Stored items:
::::
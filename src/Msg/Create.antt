-- ===== src/Msg/Create.antt =====
-- src/ipc_lib.rs: `IpcCreateSubnetMsg` and `IpcPrefundSubnetMsg`.
use bitcoin_ipc.Prelude.{ℕ, false, none, [], length, ltb, ◌==◌}
use bitcoin_ipc.Result.{
  Result, ok, ◌>>=◌, ◌>>◌, fail_if, ok_or, subnet_not_found, min_validators_zero,
  whitelist_too_short, check_period_zero, validators_limit_too_low, min_fee_zero,
  already_bootstrapped,
}
use bitcoin_ipc.Types.{SubnetId, EthAddress, Txid, Amount}
use bitcoin_ipc.Subnet.{IpcCreateSubnetMsg, SubnetGenesisInfo, add_genesis_balance_entry}
use bitcoin_ipc.Db.{Db, get_subnet_genesis_info, save_subnet_genesis_info}

unfoldable pub validate_create : IpcCreateSubnetMsg → Result (Unit {0})
validate_create m = do
  fail_if (m.min_validators == 0) min_validators_zero
  fail_if (ltb (length m.whitelist) m.min_validators) whitelist_too_short
  fail_if (m.bottomup_check_period == 0) check_period_zero
  fail_if (ltb m.active_validators_limit m.min_validators) validators_limit_too_low
  fail_if (m.min_cross_msg_fee == 0) min_fee_zero

-- `subnet_id` is the id that `SubnetId::from_txid` gives the transaction.
unfoldable pub save_create : IpcCreateSubnetMsg → Db → ℕ → SubnetId → SubnetGenesisInfo × Db
save_create m db height id =
    let info : SubnetGenesisInfo = record {
      subnet_id = id;
      create_subnet_msg = m;
      create_msg_block_height = height;
      bootstrapped = false;
      genesis_block_height = none;
      genesis_validators = [];
      genesis_balance_entries = [];
    } in
    (info, save_subnet_genesis_info db id info)

pub record IpcPrefundSubnetMsg : Type 0 where
  pub subnet_id : SubnetId
  pub amount : Amount
  pub address : EthAddress

unfoldable pub save_prefund : IpcPrefundSubnetMsg → Db → ℕ → Txid → Result Db
save_prefund m db height txid = do
  info ← ok_or (get_subnet_genesis_info db m.subnet_id) subnet_not_found
  fail_if info.bootstrapped already_bootstrapped
  ok (
      save_subnet_genesis_info db m.subnet_id
        (add_genesis_balance_entry info m.address m.amount txid height))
::::
TASK DETAILS —
What you return must be the entries, given again word for word.

RESULT OF THE EXERCISE —
filename src/Msg/Create.antt
-- ===== src/Msg/Create.antt =====
-- src/ipc_lib.rs: `IpcCreateSubnetMsg` and `IpcPrefundSubnetMsg`.
use bitcoin_ipc.Prelude.{ℕ, false, none, [], length, ltb, ◌==◌}
use bitcoin_ipc.Result.{
  Result, ok, ◌>>=◌, ◌>>◌, fail_if, ok_or, subnet_not_found, min_validators_zero,
  whitelist_too_short, check_period_zero, validators_limit_too_low, min_fee_zero,
  already_bootstrapped,
}
use bitcoin_ipc.Types.{SubnetId, EthAddress, Txid, Amount}
use bitcoin_ipc.Subnet.{IpcCreateSubnetMsg, SubnetGenesisInfo, add_genesis_balance_entry}
use bitcoin_ipc.Db.{Db, get_subnet_genesis_info, save_subnet_genesis_info}

unfoldable pub validate_create : IpcCreateSubnetMsg → Result (Unit {0})
validate_create m = do
  fail_if (m.min_validators == 0) min_validators_zero
  fail_if (ltb (length m.whitelist) m.min_validators) whitelist_too_short
  fail_if (m.bottomup_check_period == 0) check_period_zero
  fail_if (ltb m.active_validators_limit m.min_validators) validators_limit_too_low
  fail_if (m.min_cross_msg_fee == 0) min_fee_zero

-- `subnet_id` is the id that `SubnetId::from_txid` gives the transaction.
unfoldable pub save_create : IpcCreateSubnetMsg → Db → ℕ → SubnetId → SubnetGenesisInfo × Db
save_create m db height id =
    let info : SubnetGenesisInfo = record {
      subnet_id = id;
      create_subnet_msg = m;
      create_msg_block_height = height;
      bootstrapped = false;
      genesis_block_height = none;
      genesis_validators = [];
      genesis_balance_entries = [];
    } in
    (info, save_subnet_genesis_info db id info)

pub record IpcPrefundSubnetMsg : Type 0 where
  pub subnet_id : SubnetId
  pub amount : Amount
  pub address : EthAddress

unfoldable pub save_prefund : IpcPrefundSubnetMsg → Db → ℕ → Txid → Result Db
save_prefund m db height txid = do
  info ← ok_or (get_subnet_genesis_info db m.subnet_id) subnet_not_found
  fail_if info.bootstrapped already_bootstrapped
  ok (
      save_subnet_genesis_info db m.subnet_id
        (add_genesis_balance_entry info m.address m.amount txid height))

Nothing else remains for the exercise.